Urteil des Verwaltungsgerichts des Kantons Bern vom 08.04.2022, Nr. 100.2022.90U, Mandatsverhältnisse zu freiberuflich tätigen Rechtsanwältinnen und -anwälten. 6.7 Aus dem Gesagten ergibt sich, dass im vorliegenden Fall die amtliche Entschädigung der Rechtsvertreterin in Anwendung eines pauschalen Stundenansatzes von Fr. 130.-- festzusetzen ist für ihren eigenen Aufwand. Für die Arbeit der Praktikantin oder des Praktikanten veranschlagt die Rechtsvertreterin Fr. 110.-- und damit die Hälfte ihres geltend gemachten Stundenansatzes von Fr. 220.-- (Kostennote vom 6.4.2022, Akten Verwaltungsgericht act. 11A). Der Ansatz der Praktikantin oder des Praktikanten ist daher auf die Hälfte des festgesetzten Ansatzes der Rechtsanwältin zu kürzen, d.h. auf Fr. 65.-- pro Stunde. Der ausgewiesene Zeitaufwand von 9,5 Stunden (Rechtsanwältin …: 8,84 Stunden; Praktikantin oder Praktikant: 0,66 Stunden) gibt zu keinen Bemerkungen Anlass (Kostennote vom 6.4.2022, Akten Verwaltungsgericht act. 11A).

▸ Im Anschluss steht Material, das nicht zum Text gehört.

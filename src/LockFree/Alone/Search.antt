-- ===== src/LockFree/Alone/Search.antt =====
-- The loops of `find` of cuckoo_filter/lock_free_filter.cpp, run alone.
use lock_free_cuckoo_filter.Prelude.{
  ℕ, zero, suc, ◌+◌, ◌*◌, ◌≡◌, refl, ap, ◌∙◌, inl, inr, ◌⊎◌, Bool, true, false, not, ◌&&◌, Option,
  none, some, List, Bool-cases, ◌==◌, str_eq, if◌then◌else◌, arith,
}
use lock_free_cuckoo_filter.Common.{num_items_per_entry}
use lock_free_cuckoo_filter.Pointer.{TablePointer, get_counter, get_real_pointer, get_marked}
use lock_free_cuckoo_filter.Table.{Fingerprint}
use lock_free_cuckoo_filter.LockFree.Program.{Address, Program, done, mark_hazard, entry_str}
use lock_free_cuckoo_filter.LockFree.Memory.{Memory, word_at, store_hazard, returned, run}
use lock_free_cuckoo_filter.LockFree.Methods.{
  check_counter, hit, miss, look_at, continue_first, continue_second, continue_find, find_slot,
  find_slots,
}
use lock_free_cuckoo_filter.LockFree.Alone.Runs.{run_after, with_hazards, IsQuiet}

-- The word holds the address of an entry with this string.
unfoldable pub matches : (Address → Option Fingerprint) → Fingerprint → TablePointer → Bool
matches heap f w =
    not (get_real_pointer w == 0)
    && elim (heap (get_real_pointer w)) [ none ↦ false | some str ↦ str_eq f str ]

check_counter_same : (a b : ℕ) → check_counter a b a b ≡ false
unfolding check_counter
check_counter_same a b = ground arith

look_at-run :
    (n tid fuel : ℕ) (f : Fingerprint) (b i : ℕ) (m : Memory) (w : TablePointer)
    → get_marked w ≡ false
    → (get_real_pointer w ≡ 0) ⊎ ((str : Fingerprint) × (m.heap (get_real_pointer w) ≡ some str))
    → run (look_at n tid fuel f b i w) m ≡ returned (if matches m.heap f w then hit else miss) m
unfolding run look_at matches
look_at-run n tid fuel f b i m w unmarked target = elim (Bool-cases (get_real_pointer w == 0)) [
  | inl null ↦ rw null refl
  | inr there ↦ elim target [
    | inl null ↦ absurd (ground arith)
    | inr (str, live) ↦ rw (there, unmarked, live, run, entry_str) refl
  ]
]

-- The answer of the loop at one slot
abbrev at_slot :
    (Address → Option Fingerprint)
    → Fingerprint
    → ℕ
    → (w₁ w₂ : TablePointer) → Option (ℕ × TablePointer)
at_slot heap f slot w₁ w₂ =
    if matches heap f w₁
    then some (slot, w₁)
    else if matches heap f w₂
    then some (slot + num_items_per_entry, w₂)
    else none

continue_second-run :
    (again : Program (Option (ℕ × TablePointer))) (hash1 hash2 slot : ℕ) (c : Bool) (m : Memory)
    → let w₁ = word_at m hash1 slot in
      let w₂ = word_at m hash2 slot in
      run (continue_second again hash1 hash2 slot w₁ w₂ (if c then hit else miss)) m
      ≡ returned (if c then some (slot + num_items_per_entry, w₂) else none) m
unfolding run continue_second
continue_second-run again hash1 hash2 slot true m = refl
continue_second-run again hash1 hash2 slot false m =
    let w₁ = word_at m hash1 slot in
    let w₂ = word_at m hash2 slot in
    ap (λ (c : Bool). run (if c then again else done none) m)
      (check_counter_same (get_counter w₁) (get_counter w₂))

continue_first-run :
    (n tid fuel : ℕ) (f : Fingerprint) (again : Program (Option (ℕ × TablePointer)))
    (hash1 hash2 slot : ℕ) (c : Bool) (m : Memory) (h : List (List Address))
    → IsQuiet m
    → let w₁ = word_at m hash1 slot in
      let w₂ = word_at m hash2 slot in
      (h' : List (List Address)) × (run
          (continue_first n tid fuel f again hash1 hash2 slot w₁ (if c then hit else miss))
          (with_hazards m h)
        ≡ returned
            (if c
              then some (slot, w₁)
              else if matches m.heap f w₂
              then some (slot + num_items_per_entry, w₂)
              else none)
            (with_hazards m h'))
unfolding run continue_first mark_hazard word_at store_hazard
continue_first-run n tid fuel f again hash1 hash2 slot true m h q = (h, refl)
continue_first-run n tid fuel f again hash1 hash2 slot false m h q =
    let w₁ = word_at m hash1 slot in
    let w₂ = word_at m hash2 slot in
    let m' = store_hazard (with_hazards m h) (get_real_pointer w₂) 1 tid in
    (
      m'.hazard_ptrs,
      run_after (look_at n tid fuel f hash2 slot w₂) (continue_second again hash1 hash2 slot w₁ w₂)
            m' m' _ (look_at-run n tid fuel f hash2 slot m' w₂ (q hash2 slot).0 (q hash2 slot).1)
          ∙ continue_second-run again hash1 hash2 slot (matches m.heap f w₂) m',
    )

find_slot-run :
    (n tid fuel : ℕ) (f : Fingerprint) (hash1 hash2 slot : ℕ) (m : Memory) (h : List (List Address))
    → IsQuiet m
    → (h' : List (List Address)) × (run
          (find_slot n tid (suc fuel) f hash1 hash2 slot)
          (with_hazards m h)
        ≡ returned
            (at_slot m.heap f slot (word_at m hash1 slot) (word_at m hash2 slot))
            (with_hazards m h'))
unfolding run find_slot mark_hazard word_at store_hazard
find_slot-run n tid fuel f hash1 hash2 slot m h q =
    let w = word_at m hash1 slot in
    let m' = store_hazard (with_hazards m h) (get_real_pointer w) 0 tid in
    let again = find_slot n tid fuel f hash1 hash2 slot in
    let (h', e) =
      continue_first-run n tid (suc fuel) f again hash1 hash2 slot (matches m.heap f w) m
        m'.hazard_ptrs q in
    (
      h',
      run_after (look_at n tid (suc fuel) f hash1 slot w)
            (continue_first n tid (suc fuel) f again hash1 hash2 slot w) m' m' _
            (look_at-run n tid (suc fuel) f hash1 slot m' w (q hash1 slot).0 (q hash1 slot).1)
          ∙ e,
    )

-- The slots of the two buckets in the order of the loop, and the first that holds the fingerprint.
unfoldable pub first_match :
    Memory → Fingerprint → (hash1 hash2 left slot : ℕ) → TablePointer → ℕ × TablePointer
unfolding matches
first_match m f hash1 hash2 zero slot pointer = (num_items_per_entry * 2, pointer)
first_match m f hash1 hash2 (suc left) slot pointer =
    let rest = first_match m f hash1 hash2 left (slot + 1) pointer in
    elim (at_slot m.heap f slot (word_at m hash1 slot) (word_at m hash2 slot)) [
      | some result ↦ result
      | none ↦ rest
    ]

pub find_slots-run :
    (n tid fuel : ℕ) (f : Fingerprint) (hash1 hash2 left slot : ℕ) (pointer : TablePointer)
    (m : Memory) (h : List (List Address))
    → IsQuiet m
    → (h' : List (List Address)) × (run
          (find_slots n tid (suc fuel) f hash1 hash2 left slot pointer)
          (with_hazards m h)
        ≡ returned (first_match m f hash1 hash2 left slot pointer) (with_hazards m h'))
unfolding run find_slots continue_find first_match
find_slots-run n tid fuel f hash1 hash2 zero slot pointer m h q = (h, refl)
find_slots-run n tid fuel f hash1 hash2 (suc left) slot pointer m h q =
    let (h₁, e₁) = find_slot-run n tid fuel f hash1 hash2 slot m h q in
    let (h₂, e₂) = find_slots-run n tid fuel f hash1 hash2 left (slot + 1) pointer m h₁ q in
    let next = find_slots n tid (suc fuel) f hash1 hash2 left (slot + 1) pointer in
    let o = at_slot m.heap f slot (word_at m hash1 slot) (word_at m hash2 slot) in
    let rest = first_match m f hash1 hash2 left (slot + 1) pointer in
    let (h', e) : (h' : List (List Address)) × (run (continue_find next o) (with_hazards m h₁)
          ≡ returned (elim o [ some result ↦ result | none ↦ rest ]) (with_hazards m h')) =
      elim o
        as (λ o.
          (h' : List (List Address)) × (run (continue_find next o) (with_hazards m h₁)
            ≡ returned (elim o [ some result ↦ result | none ↦ rest ]) (with_hazards m h'))) [
              | none ↦ (h₂, e₂)
              | some result ↦ (h₁, refl)
            ] in
    (
      h',
      run_after (find_slot n tid (suc fuel) f hash1 hash2 slot) (continue_find next)
            (with_hazards m h) (with_hazards m h₁) o e₁
          ∙ e,
    )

Der tarifmässige Parteikostenersatz ist demnach auf Fr. 1'192.10, zuzüglich Fr. 28.90 Auslagen, ausmachend insgesamt Fr. 1'221.--, festzusetzen. Die Rechtsvertreterin ist vorerst durch den Kanton Bern zu entschädigen. Der Beschwerdeführer ist gegenüber dem Kanton zur Nachzahlung verpflichtet, sobald er dazu in der Lage ist (Art. 113 VRPG i.V.m. Art. 42a Abs. 2 KAG und Art. 123 ZPO). Demnach entscheidet der Einzelrichter: 1. Die Beschwerde wird abgewiesen. 2. Das Gesuch um unentgeltliche Rechtspflege wird gutgeheissen. 3. Die Kosten des Verfahrens vor dem Verwaltungsgericht, bestimmt auf eine Pauschalgebühr von Fr. 800.--, werden dem Beschwerdeführer auferlegt. Die Kosten trägt vorerst der Kanton Bern. Vorbehalten bleibt die Nachzahlungspflicht des Beschwerdeführers.

Urteil des Verwaltungsgerichts des Kantons Bern vom 08.04.2022, Nr. 100.2022.90U, 4. Für das Verfahren vor dem Verwaltungsgericht wird dem Beschwerdeführer Rechtsanwältin … beigeordnet. Ihr wird aus der Gerichtskasse eine Entschädigung von Fr. 1'221.-- (inkl. Auslagen) vergütet. Vorbehalten bleibt die Nachzahlungspflicht des Beschwerdeführers. 5. Zu eröffnen: - Beschwerdeführer - Amt für Bevölkerungsdienste des Kantons Bern (Beilage: «Replik» vom 6. April 2022) - Kantonales Zwangsmassnahmengericht (Beilage: «Replik» vom 6. April 2022) - Staatssekretariat für Migration und mitzuteilen: - Regionalgefängnis Moutier Der Einzelrichter: Der Gerichtsschreiber: Rechtsmittelbelehrung Gegen dieses Urteil kann innert 30 Tagen seit Eröffnung beim Bundesgericht, 1000 Lausanne 14, Beschwerde in öffentlich-rechtlichen Angelegenheiten gemäss Art. 39 ff., 82 ff. und 90 ff. des Bundesgesetzes vom 17. Juni 2005 über das Bundesgericht (BGG; SR 173.110) geführt werden.